Post by Eleventh Century Remnant »

Far as I know there's only really one English language biography of Davout, John G Gallaher's "The Iron Marshal"; what emerges from it is that he and Wellington could have stepped into each other's shoes with little difficulty at all. Similar command styles, similar approaches to war and logistics, similarly iron- handed approach to organisation and authority, similar sense of duty and honesty, similar small circles of personal friends and wide circles of acquaintances;

the first main difference is that while Wellington could be charming and urbane when it suited him, Davout was a dour, grumpy, miserable, moody bastard, who took to diplomacy like a rhinoceros to embroidery; never happy at court or with the people of the Empire, although recognised it as his duty to try.

Big pointer here is his time in Poland- which is the time that he otherwise would have spent in the Peninsula. He was the best rewarded of Napoleon's marshals (after Berthier), because as the Corsican said "I have to; he won't go out and steal for himself." The one thing he did try to steal was the crown of Poland- the position, not the artifact.

He spent quite a lot of the two and a half years after Aspern- Essling as the French military governor of Poland, and insofar as he gave his thoughts away at all he seems to have liked Poland and her people, enough to think of settling there, and conciliating and consolidating his position with the Polish with a view to making his position permanent. Not being a fool, he was well aware of his own reputation and how he had come by it, and worked hard to overcome it.

Which is actually a distinct point in his favour.
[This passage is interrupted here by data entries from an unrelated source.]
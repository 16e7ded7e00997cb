-- ===== src/Storage/Cleanup.antt =====
-- `storage_cleanup_task` of main/storage_engine.c.
use wisp_esp.Base.{ℕ, ◌+◌, leb, if_ind}
use wisp_esp.Storage.Types.{Engine, FileSystem, Library, Nvs}
use wisp_esp.Storage.Sweep.{purge_expired, cleanup_cycle}
use wisp_esp.Storage.Invariant.{IsValid}
use wisp_esp.Storage.Purge.{purge_expired-IsValid}
use wisp_esp.Storage.Compaction.{compact_index-IsValid}

-- A round of the task keeps a valid index valid.
pub cleanup_cycle-IsValid :
    (lib : Library) (fs : FileSystem) (nvs : Nvs) (cycles : ℕ) (eng : Engine) (time : ℕ)
    (f : fs.Files) (n : nvs.Store)
    → IsValid eng
    → IsValid (cleanup_cycle fs nvs cycles eng time f n).1
unfolding cleanup_cycle
cleanup_cycle-IsValid lib fs nvs cycles eng time f n v =
    let out = purge_expired fs nvs eng time f n in
    let purged = purge_expired-IsValid lib fs nvs eng time f n v in
    if_ind (λ (res : ℕ × Engine × fs.Files × nvs.Store). IsValid res.1) (leb 10 (cycles + 1))
      (λ e. compact_index-IsValid nvs out.1 out.3 purged) λ e. purged
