-- ===== src/WsServer/Attending.antt =====
-- `ws_handler` of main/ws_server.c leaves the connections as they are, but for their time stamps.
use wisp_esp.Base.{
  ℕ, ◌≡◌, refl, Bool, true, false, not, ◌==◌, ltb, arith, if_ind, count_where, if◌then◌else◌,
}
use wisp_esp.Protocol.{Bytes}
use wisp_esp.WsServer.{WsServer, EspErr, is_ok, is_fd, max_frame_size, update_activity}
use wisp_esp.WsServer.Frames.{
  FrameType, text_frame, ping_frame, close_frame, other_frame, Request, Action, nothing, message,
  is_upgrade, on_frame, ws_handler,
}
use wisp_esp.WsServer.Invariant.{IsValid, update_activity-IsValid, update_activity-counts}

-- The same sockets are open.
pub record Attended (s s' : WsServer) : Type 0 where
  pub valid : IsValid s'
  pub installed : s'.installed ≡ s.installed
  pub hook : s'.on_disconnect ≡ s.on_disconnect
  pub counts :
      (fd : ℕ) → count_where (is_fd fd) s'.connections ≡ count_where (is_fd fd) s.connections

Attended-refl : (s : WsServer) → IsValid s → Attended s s
Attended-refl s v = record { valid = v; installed = refl; hook = refl; counts = λ fd. refl }

update_activity-flags :
    (micros : ℕ) (s : WsServer) (fd : ℕ)
    → ((update_activity micros s fd).installed ≡ s.installed)
      × ((update_activity micros s fd).on_disconnect ≡ s.on_disconnect)
unfolding update_activity
update_activity-flags micros s fd = (ground arith, ground arith)

update_activity-Attended :
    (micros : ℕ) (s : WsServer) (fd : ℕ) → IsValid s → Attended s (update_activity micros s fd)
update_activity-Attended micros s fd v =
    let (same, hook) = update_activity-flags micros s fd in
    record {
      valid = update_activity-IsValid micros s fd v;
      installed = same;
      hook = hook;
      counts = λ fd'. update_activity-counts micros s fd fd';
    }

module _ (micros : ℕ) (s : WsServer) (req : Request) (v : IsValid s) where
  -- What holds of an answer: its server, and the socket of a message that it passes on.
  pub record Fair (out : EspErr × Action × WsServer) : Type 0 where
    pub server : Attended s out.2
    pub target : (fd : ℕ) (json : Bytes) → out.1 ≡ message fd json → fd ≡ req.fd

  early :
      (e : EspErr) (a : Action)
      → ((fd : ℕ) (json : Bytes) → a ≡ message fd json → fd ≡ req.fd)
      → Fair (e, a, s)
  early e a t = record { server = Attended-refl s v; target = t }

  passed_target :
      (b : Bool) (fd : ℕ) (json : Bytes)
      → (if b then message req.fd req.payload else nothing) ≡ message fd json
      → fd ≡ req.fd
  passed_target true fd json e = cc
  passed_target false fd json e = cc

  type_target :
      (t : FrameType) (fd : ℕ) (json : Bytes) → (on_frame s req t).1 ≡ message fd json → fd ≡ req.fd
  unfolding on_frame
  type_target text_frame fd json e = passed_target s.on_message fd json e
  type_target ping_frame fd json e = cc
  type_target close_frame fd json e = cc
  type_target other_frame fd json e = cc

  pub ws_handler-Fair : Fair (ws_handler micros s req)
  unfolding ws_handler
  ws_handler-Fair =
      if_ind Fair req.is_get
        (λ g.
          if_ind Fair (is_upgrade req.upgrade) (λ u. early _ _ (λ fd json e. cc))
            λ u. early _ _ λ fd json e. cc)
        λ g.
          if_ind Fair (not (is_ok req.len_answer)) (λ e. early _ _ λ fd json e. cc)
            λ a.
              if_ind Fair (req.len == 0) (λ e. early _ _ λ fd json e. cc)
                λ b.
                  if_ind Fair (ltb max_frame_size req.len) (λ e. early _ _ λ fd json e. cc)
                    λ c.
                      if_ind Fair (not req.buffer) (λ e. early _ _ λ fd json e. cc)
                        λ d.
                          if_ind Fair (not (is_ok req.frame_answer))
                            (λ e. early _ _ λ fd json e. cc)
                            λ f. record {
                              server =
                                  if_ind (Attended s) s.installed
                                    (λ i. update_activity-Attended micros s req.fd v)
                                    λ i. Attended-refl s v;
                              target = type_target req.frame_type;
                            }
The only French Marshal to make any real political gains- to come close to reconciling the Spanish to French rule- was Suchet in the north- east, who took the starting advantage of Catalonian separatism and worked it up into a system of local government, community authorities elected by a broader franchise than had existed under Madrid and supported by locally recruited police ultimately backed by French troops, Spanish judiciary with a right of appeal to French courts- that would have stood a chance of holding Spain for the French if it had been more widely implemented.

Question then becomes, would Davout- given several previous experiences as military governor, of Berlin and Vienna for two- have seen the need for something of the sort, and have been able to implement it on a broad enough scale early enough, and protect it with enough force judiciously applied, that it would have a chance to spread and grow? Shifted down from Poland to make room for the more realistically acceptable candidate Poniatowski, say, if allowed to take III Corps with him especially, I have to reckon yes.

Whether it would have been enough, now there, there's the rub- Suchet's Catalans were loyal to him, within a loose definition of the term; how loyal would Davout's Castillians have been? He could hardly have failed to make the British/Portugese/free Spanish prosecution of the Peninsular war more difficult, but difficult enough to cause the collapse of the war effort? Only in the absence of Wellington, which brings us back to the battlefield.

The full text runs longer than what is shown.